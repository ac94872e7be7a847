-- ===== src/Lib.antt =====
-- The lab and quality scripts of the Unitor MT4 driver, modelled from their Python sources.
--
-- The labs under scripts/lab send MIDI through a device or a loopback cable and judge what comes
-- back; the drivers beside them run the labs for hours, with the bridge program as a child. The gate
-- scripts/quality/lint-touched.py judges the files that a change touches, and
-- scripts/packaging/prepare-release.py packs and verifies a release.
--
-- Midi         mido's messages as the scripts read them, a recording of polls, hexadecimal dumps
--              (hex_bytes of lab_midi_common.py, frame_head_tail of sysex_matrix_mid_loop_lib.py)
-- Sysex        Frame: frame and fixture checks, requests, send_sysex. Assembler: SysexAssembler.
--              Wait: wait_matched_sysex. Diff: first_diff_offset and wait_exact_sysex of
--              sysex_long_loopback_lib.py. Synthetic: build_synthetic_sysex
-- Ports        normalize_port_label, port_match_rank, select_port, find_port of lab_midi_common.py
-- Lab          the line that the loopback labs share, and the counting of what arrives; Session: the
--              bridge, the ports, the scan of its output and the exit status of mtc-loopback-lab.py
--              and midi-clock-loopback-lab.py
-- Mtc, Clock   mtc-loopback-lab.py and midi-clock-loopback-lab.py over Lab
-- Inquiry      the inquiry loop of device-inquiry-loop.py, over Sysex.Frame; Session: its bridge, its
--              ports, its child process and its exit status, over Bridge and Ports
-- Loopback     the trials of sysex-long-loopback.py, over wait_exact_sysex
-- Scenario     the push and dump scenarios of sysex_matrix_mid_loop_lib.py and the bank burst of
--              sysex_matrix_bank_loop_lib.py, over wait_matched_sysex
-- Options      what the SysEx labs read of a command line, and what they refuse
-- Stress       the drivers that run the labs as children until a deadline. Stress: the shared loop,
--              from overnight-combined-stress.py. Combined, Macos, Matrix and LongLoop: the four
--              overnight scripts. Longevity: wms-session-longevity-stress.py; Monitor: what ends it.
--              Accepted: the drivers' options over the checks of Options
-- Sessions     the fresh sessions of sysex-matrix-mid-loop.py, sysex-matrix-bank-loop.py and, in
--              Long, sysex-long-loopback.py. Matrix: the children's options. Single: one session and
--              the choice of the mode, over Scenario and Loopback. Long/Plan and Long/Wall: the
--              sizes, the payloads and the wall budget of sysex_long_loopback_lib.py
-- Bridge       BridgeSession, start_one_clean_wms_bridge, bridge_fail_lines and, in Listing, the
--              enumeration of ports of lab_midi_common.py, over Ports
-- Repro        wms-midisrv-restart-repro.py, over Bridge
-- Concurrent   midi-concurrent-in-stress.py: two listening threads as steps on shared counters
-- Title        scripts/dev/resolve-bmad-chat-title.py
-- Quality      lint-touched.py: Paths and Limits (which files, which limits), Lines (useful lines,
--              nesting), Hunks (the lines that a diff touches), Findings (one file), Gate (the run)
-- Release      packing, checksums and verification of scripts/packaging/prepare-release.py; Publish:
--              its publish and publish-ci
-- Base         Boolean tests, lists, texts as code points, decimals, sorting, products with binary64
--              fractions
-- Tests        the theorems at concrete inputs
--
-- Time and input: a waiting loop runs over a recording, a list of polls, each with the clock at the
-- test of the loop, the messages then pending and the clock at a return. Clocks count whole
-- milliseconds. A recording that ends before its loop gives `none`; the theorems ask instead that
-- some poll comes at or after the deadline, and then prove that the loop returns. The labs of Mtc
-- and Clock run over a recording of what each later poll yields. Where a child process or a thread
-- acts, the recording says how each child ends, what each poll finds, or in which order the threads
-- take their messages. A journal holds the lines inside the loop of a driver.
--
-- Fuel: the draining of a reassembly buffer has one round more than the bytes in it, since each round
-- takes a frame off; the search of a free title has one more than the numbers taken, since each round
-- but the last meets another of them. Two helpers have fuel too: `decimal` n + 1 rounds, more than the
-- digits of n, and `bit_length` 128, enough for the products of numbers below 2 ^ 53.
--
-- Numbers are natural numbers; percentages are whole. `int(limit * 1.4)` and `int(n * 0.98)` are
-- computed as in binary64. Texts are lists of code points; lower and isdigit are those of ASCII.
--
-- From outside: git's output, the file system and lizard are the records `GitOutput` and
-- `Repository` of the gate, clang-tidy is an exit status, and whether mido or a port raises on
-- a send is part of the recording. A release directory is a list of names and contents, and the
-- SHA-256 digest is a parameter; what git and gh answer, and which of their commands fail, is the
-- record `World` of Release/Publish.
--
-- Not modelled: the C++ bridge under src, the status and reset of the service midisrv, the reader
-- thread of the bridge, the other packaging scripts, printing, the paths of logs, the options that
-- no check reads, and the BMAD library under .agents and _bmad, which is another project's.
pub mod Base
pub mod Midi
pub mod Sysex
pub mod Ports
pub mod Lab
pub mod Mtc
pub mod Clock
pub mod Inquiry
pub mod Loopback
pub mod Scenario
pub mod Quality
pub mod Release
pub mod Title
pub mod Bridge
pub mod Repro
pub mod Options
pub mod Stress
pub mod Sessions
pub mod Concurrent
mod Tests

------------------------------

■ **Requirement**:
After the last line of the data, restate all the entries verbatim.

■ **Result of the exercise**:
repository ac94872e7be7a847
-- ===== src/Lib.antt =====
-- The lab and quality scripts of the Unitor MT4 driver, modelled from their Python sources.
--
-- The labs under scripts/lab send MIDI through a device or a loopback cable and judge what comes
-- back; the drivers beside them run the labs for hours, with the bridge program as a child. The gate
-- scripts/quality/lint-touched.py judges the files that a change touches, and
-- scripts/packaging/prepare-release.py packs and verifies a release.
--
-- Midi         mido's messages as the scripts read them, a recording of polls, hexadecimal dumps
--              (hex_bytes of lab_midi_common.py, frame_head_tail of sysex_matrix_mid_loop_lib.py)
-- Sysex        Frame: frame and fixture checks, requests, send_sysex. Assembler: SysexAssembler.
--              Wait: wait_matched_sysex. Diff: first_diff_offset and wait_exact_sysex of
--              sysex_long_loopback_lib.py. Synthetic: build_synthetic_sysex
-- Ports        normalize_port_label, port_match_rank, select_port, find_port of lab_midi_common.py
-- Lab          the line that the loopback labs share, and the counting of what arrives; Session: the
--              bridge, the ports, the scan of its output and the exit status of mtc-loopback-lab.py
--              and midi-clock-loopback-lab.py
-- Mtc, Clock   mtc-loopback-lab.py and midi-clock-loopback-lab.py over Lab
-- Inquiry      the inquiry loop of device-inquiry-loop.py, over Sysex.Frame; Session: its bridge, its
--              ports, its child process and its exit status, over Bridge and Ports
-- Loopback     the trials of sysex-long-loopback.py, over wait_exact_sysex
-- Scenario     the push and dump scenarios of sysex_matrix_mid_loop_lib.py and the bank burst of
--              sysex_matrix_bank_loop_lib.py, over wait_matched_sysex
-- Options      what the SysEx labs read of a command line, and what they refuse
-- Stress       the drivers that run the labs as children until a deadline. Stress: the shared loop,
--              from overnight-combined-stress.py. Combined, Macos, Matrix and LongLoop: the four
--              overnight scripts. Longevity: wms-session-longevity-stress.py; Monitor: what ends it.
--              Accepted: the drivers' options over the checks of Options
-- Sessions     the fresh sessions of sysex-matrix-mid-loop.py, sysex-matrix-bank-loop.py and, in
--              Long, sysex-long-loopback.py. Matrix: the children's options. Single: one session and
--              the choice of the mode, over Scenario and Loopback. Long/Plan and Long/Wall: the
--              sizes, the payloads and the wall budget of sysex_long_loopback_lib.py
-- Bridge       BridgeSession, start_one_clean_wms_bridge, bridge_fail_lines and, in Listing, the
--              enumeration of ports of lab_midi_common.py, over Ports
-- Repro        wms-midisrv-restart-repro.py, over Bridge
-- Concurrent   midi-concurrent-in-stress.py: two listening threads as steps on shared counters
-- Title        scripts/dev/resolve-bmad-chat-title.py
-- Quality      lint-touched.py: Paths and Limits (which files, which limits), Lines (useful lines,
--              nesting), Hunks (the lines that a diff touches), Findings (one file), Gate (the run)
-- Release      packing, checksums and verification of scripts/packaging/prepare-release.py; Publish:
--              its publish and publish-ci
-- Base         Boolean tests, lists, texts as code points, decimals, sorting, products with binary64
--              fractions
-- Tests        the theorems at concrete inputs
--
-- Time and input: a waiting loop runs over a recording, a list of polls, each with the clock at the
-- test of the loop, the messages then pending and the clock at a return. Clocks count whole
-- milliseconds. A recording that ends before its loop gives `none`; the theorems ask instead that
-- some poll comes at or after the deadline, and then prove that the loop returns. The labs of Mtc
-- and Clock run over a recording of what each later poll yields. Where a child process or a thread
-- acts, the recording says how each child ends, what each poll finds, or in which order the threads
-- take their messages. A journal holds the lines inside the loop of a driver.
--
-- Fuel: the draining of a reassembly buffer has one round more than the bytes in it, since each round
-- takes a frame off; the search of a free title has one more than the numbers taken, since each round
-- but the last meets another of them. Two helpers have fuel too: `decimal` n + 1 rounds, more than the
-- digits of n, and `bit_length` 128, enough for the products of numbers below 2 ^ 53.
--
-- Numbers are natural numbers; percentages are whole. `int(limit * 1.4)` and `int(n * 0.98)` are
-- computed as in binary64. Texts are lists of code points; lower and isdigit are those of ASCII.
--
-- From outside: git's output, the file system and lizard are the records `GitOutput` and
-- `Repository` of the gate, clang-tidy is an exit status, and whether mido or a port raises on
-- a send is part of the recording. A release directory is a list of names and contents, and the
-- SHA-256 digest is a parameter; what git and gh answer, and which of their commands fail, is the
-- record `World` of Release/Publish.
--
-- Not modelled: the C++ bridge under src, the status and reset of the service midisrv, the reader
-- thread of the bridge, the other packaging scripts, printing, the paths of logs, the options that
-- no check reads, and the BMAD library under .agents and _bmad, which is another project's.
pub mod Base
pub mod Midi
pub mod Sysex
pub mod Ports
pub mod Lab
pub mod Mtc
pub mod Clock
pub mod Inquiry
pub mod Loopback
pub mod Scenario
pub mod Quality
pub mod Release
pub mod Title
pub mod Bridge
pub mod Repro
pub mod Options
pub mod Stress
pub mod Sessions
pub mod Concurrent
mod Tests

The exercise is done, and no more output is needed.